Meet Dr. Andrew McMahon. He’s the Principal Investigator at the University of Southern California’s (USC) Stem Cell McMahon Lab. Dr. McMahon’s research focuses on the generation and repair of the kidney by identifying the regulatory processes that maintain, expand and differentiate kidney stem cells to the mature cell types of the functional kidney. In the adult, they are identifying the cellular and molecular mechanisms at play in repairing damage on acute injury. These lines of research will enable complimentary strategies to treat kidney injury and disease.
We spoke to Dr. McMahon about his research and how stem cells are offering insights into kidney disease.
Q. What is one new and exciting stem cell discovery in your area of research?
One of the most exciting discoveries has been the ability to take stem cells and generate kidney-like cells that have a structure reflecting the normal organization of the functional unit of the kidney, a nephron. For the past few years, we have been trying to use these models to understand how a normal human kidney develops, which will lead us towards the discovery of ways to regenerate it.
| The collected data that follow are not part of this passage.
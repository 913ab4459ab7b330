-- ===== src/Logical/Optimizer.antt =====
-- tinyolap/src/logical_plan/optimizer.rs: a function applied to every node, children first, and
-- the three rules in their order.
use tiny_olap.Base.{map, true, ok, ◌>>=◌}
use tiny_olap.Catalog.{TableSchema}
use tiny_olap.Logical.Plan.{
  boolean, literal, LogicalPlan, scan, filter, project, aggregate_by, limit,
}
use tiny_olap.Logical.Folding.{fold_expr}
use tiny_olap.Logical.Coercion.{Panics, coerce_expr}

-- The rewritten function may panic.
unfoldable pub rewrite : (LogicalPlan → Panics LogicalPlan) → LogicalPlan → Panics LogicalPlan
rewrite f (filter p input) = rewrite f input >>= λ new_input. f (filter p new_input)
rewrite f (project es input) = rewrite f input >>= λ new_input. f (project es new_input)
rewrite f (aggregate_by keys aggs input) =
    rewrite f input >>= λ new_input. f (aggregate_by keys aggs new_input)
rewrite f (limit n input) = rewrite f input >>= λ new_input. f (limit n new_input)
rewrite f (scan t) = f (scan t)

-- `TypeCoercion`.
unfoldable pub coerce_node : TableSchema → LogicalPlan → Panics LogicalPlan
coerce_node schema (filter p input) =
    coerce_expr schema p >>= λ predicate. ok (filter predicate input)
coerce_node schema node = ok node

-- `ConstantFolding`.
unfoldable pub fold_node : LogicalPlan → LogicalPlan
fold_node (filter p input) = filter (fold_expr p) input
fold_node (project es input) = project (map fold_expr es) input
fold_node node = node

-- `EliminateTrueFilter`.
unfoldable pub eliminate_node : LogicalPlan → LogicalPlan
eliminate_node (filter (literal (boolean true)) input) = input
eliminate_node node = node

unfoldable pub coercion : TableSchema → LogicalPlan → Panics LogicalPlan
coercion schema plan = rewrite (coerce_node schema) plan

unfoldable pub folding : LogicalPlan → Panics LogicalPlan
folding plan = rewrite (λ node. ok (fold_node node)) plan

unfoldable pub elimination : LogicalPlan → Panics LogicalPlan
elimination plan = rewrite (λ node. ok (eliminate_node node)) plan

unfoldable pub optimize : TableSchema → LogicalPlan → Panics LogicalPlan
optimize schema plan = do
  coerced ← coercion schema plan
  folded ← folding coerced
  elimination folded
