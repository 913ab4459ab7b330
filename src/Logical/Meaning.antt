-- ===== src/Logical/Meaning.antt =====
-- What a logical expression and a plan mean, independently of the rules of the optimizer: the
-- value of an expression on a row, and the rows of a plan.
pub mod Rules
pub mod Plans
use tiny_olap.Base.{
  ℕ, List, [], ◌∷◌, Bool, true, false, not, ◌&&◌, ◌||◌, Option, none, some, if◌then◌else◌, take,
}
use tiny_olap.Base.Int.{ℤ, ltb_ℤ, leb_ℤ, eqb_ℤ}
use tiny_olap.Catalog.{Name, DataType}
use tiny_olap.Logical.Plan.{
  LiteralValue, int, float, str, boolean, null, BinaryOp, eq, not_eq, lt, lt_eq, gt, gt_eq, and, or,
  AggFunc, LogicalExpr, column, literal, binary_op, aggregate, cast, LogicalPlan, scan, filter,
  project, aggregate_by, limit,
}

-- What the rules know nothing of: rows and their columns, casts, the values of aggregates, the
-- comparison of values that are not both integers, tables, and the work of a grouping.
pub record Source (Row : Type 0) : Type 0 where
  pub column_of : Row → Name → Name → Option LiteralValue
  pub aggregate_of : Row → AggFunc → LogicalExpr → Option LiteralValue
  pub cast_to : DataType → LiteralValue → Option LiteralValue
  pub compare_others : LiteralValue → BinaryOp → LiteralValue → Option LiteralValue
  pub row_of : List LiteralValue → Row
  pub table : Name → Option (List Row)
  pub group : List LogicalExpr → List LogicalExpr → List Row → Option (List Row)

abbrev pub bind {ℓ κ} : {A : Type ℓ} {B : Type κ} → Option A → (A → Option B) → Option B
bind none f = none
bind (some a) f = f a

unfoldable pub compare_ints : ℤ → BinaryOp → ℤ → Option LiteralValue
compare_ints a eq b = some (boolean (eqb_ℤ a b))
compare_ints a not_eq b = some (boolean (not (eqb_ℤ a b)))
compare_ints a lt b = some (boolean (ltb_ℤ a b))
compare_ints a lt_eq b = some (boolean (leb_ℤ a b))
compare_ints a gt b = some (boolean (ltb_ℤ b a))
compare_ints a gt_eq b = some (boolean (leb_ℤ b a))
compare_ints a and b = none
compare_ints a or b = none

unfoldable pub connect : Bool → BinaryOp → Bool → Option LiteralValue
connect a and b = some (boolean (a && b))
connect a or b = some (boolean (a || b))
connect a _ b = none

module _ {Row : Type 0} (src : Source Row) where
  -- Two integers compare as integers, two truth values connect; And and Or of anything else has no
  -- value.
  unfoldable pub apply_op : LiteralValue → BinaryOp → LiteralValue → Option LiteralValue
  apply_op (int a) op (int b) = compare_ints a op b
  apply_op (boolean a) and (boolean b) = connect a and b
  apply_op (boolean a) or (boolean b) = connect a or b
  apply_op a and b = none
  apply_op a or b = none
  apply_op a op b = src.compare_others a op b

  unfoldable pub value : Row → LogicalExpr → Option LiteralValue
  value row (column t c) = src.column_of row t c
  value row (literal v) = some v
  value row (binary_op l op r) = bind (value row l) (λ a. bind (value row r) (λ b. apply_op a op b))
  value row (aggregate f arg) = src.aggregate_of row f arg
  value row (cast e ty) = bind (value row e) (src.cast_to ty)

  -- A row stays when the predicate is true; a predicate without a truth value is an error.
  unfoldable pub keep : Option LiteralValue → Row → List Row → Option (List Row)
  keep (some (boolean b)) row rest = some (if b then row ∷ rest else rest)
  keep _ row rest = none

  unfoldable pub select : LogicalExpr → List Row → Option (List Row)
  select p [] = some []
  select p (row ∷ rows) = bind (select p rows) (keep (value row p) row)

  unfoldable pub values : Row → List LogicalExpr → Option (List LiteralValue)
  values row [] = some []
  values row (e ∷ es) = bind (value row e) (λ v. bind (values row es) (λ vs. some (v ∷ vs)))

  unfoldable pub project_rows : List LogicalExpr → List Row → Option (List Row)
  project_rows es [] = some []
  project_rows es (row ∷ rows) =
      bind (values row es) (λ vs. bind (project_rows es rows) (λ rest. some (src.row_of vs ∷ rest)))

  unfoldable pub rows_of : LogicalPlan → Option (List Row)
  rows_of (scan t) = src.table t
  rows_of (filter p input) = bind (rows_of input) (select p)
  rows_of (project es input) = bind (rows_of input) (project_rows es)
  rows_of (aggregate_by keys aggs input) = bind (rows_of input) (src.group keys aggs)
  rows_of (limit n input) = bind (rows_of input) (λ rows. some (take n rows))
We are taking a systematic approach to understand the underpinnings of normal kidney development. To do this, we are using stem cells and making organoids in the lab. These are mini-units of our organ systems. We can study kidney development in this way and we can also use these organoids to model diseases. Interestingly, one of the most common inherited kidney diseases is autosomal dominant polycystic kidney disease. Up until now, scientists were reliant on animal models for the study of this disease, but such models cannot precisely model the human condition. Now, we can make these organoids in a dish and have more directed approaches to understand the the human disease, as well as development and regenerative processes.
Eventually, as the field progresses, we’ll be able to connect different organs together. This is a critical component of stem cell research. I think there is often a lot of emphasis on the idea of putting cells into patients but we should not forget the other applications of stem cells such as disease modeling and drug screening, both of which hold enormous possibilities.
I think there is often a lot of emphasis on the idea of putting cells into patients but we should not forget the other applications of stem cells such as disease modeling and drug screening, both of which hold enormous possibilities.
Q. What is the best way for advocates to rally support for stem cell research?
We need to have more discussions about the broader use of stem cells in the public domain. We need to talk about it on the news, in the newspapers, social media, etc. I’m often quite surprised by the limited knowledge of well-educated people about the applications of stem cells. There are many things that can be done such as hosting events and having a speaker come in to talk about regenerative medicine, laying out all the different approaches – from being able to use stem cells directly, to genetically modifying cells to treat specific diseases, to using them indirectly because they generate other cell types that are useful or even more indirectly to generate a model in a dish. We need to spell out the variety of different ways in which we can utilize stem cells and help the public understand that together these strategies enable us to translate our understanding of how systems develop, are maintained and repaired to create new therapeutic approaches.
Q. You’re at a dinner party and someone asks you why you believe in the power of stem cells to treat chronic conditions. What is your response?
If someone asked me this at a dinner party, I would say: I actually see an inherent problem in the way this question is phrased: stem cells are powerful, but there are other ways to treat chronic diseases founded on developmental understanding. I would take a step back. Of course, we have to recognize that there are many good examples of how stem cells can treat chronic diseases. For instance, by putting stem cells into a patient with a blood disorder, we can reconstitute the blood system. But when it comes to chronic diseases, we’re not just trying to fix just one thing. Typically, we are dealing with a lot of other things at once. For instance, if someone had a heart attack, they’ve lost normal heart tissue. Those lost cells are then replaced with fibrotic tissue which stops leakage but has no function. What if you could change those fibroblasts back into the functioning cells of the heart known as cardiomyocytes? Reprogram those cells. There are approaches to do this that don’t involve a stem cell.
Then let’s look at my system, the kidney. There is no good evidence that stem cells play a major role in repair and regeneration and this is a paradox within our organ systems. While some organ systems have stem cells at their base active each day to replenish tissues, other systems like the muscle, liver and lungs have stem cells that operate at low levels called in when they need to be. And then in kidney, there is really no strong evidence that tubular repair is driven by stem cells. The public wants a word and stem cells conjure up images of cell transplantation and repair. But that’s a limited scope. I think it’s important to convey the bigger picture which is regenerative medicine. Stem cells are a key part of regenerative medicine but there are many important avenues where stem cells play a less direct role.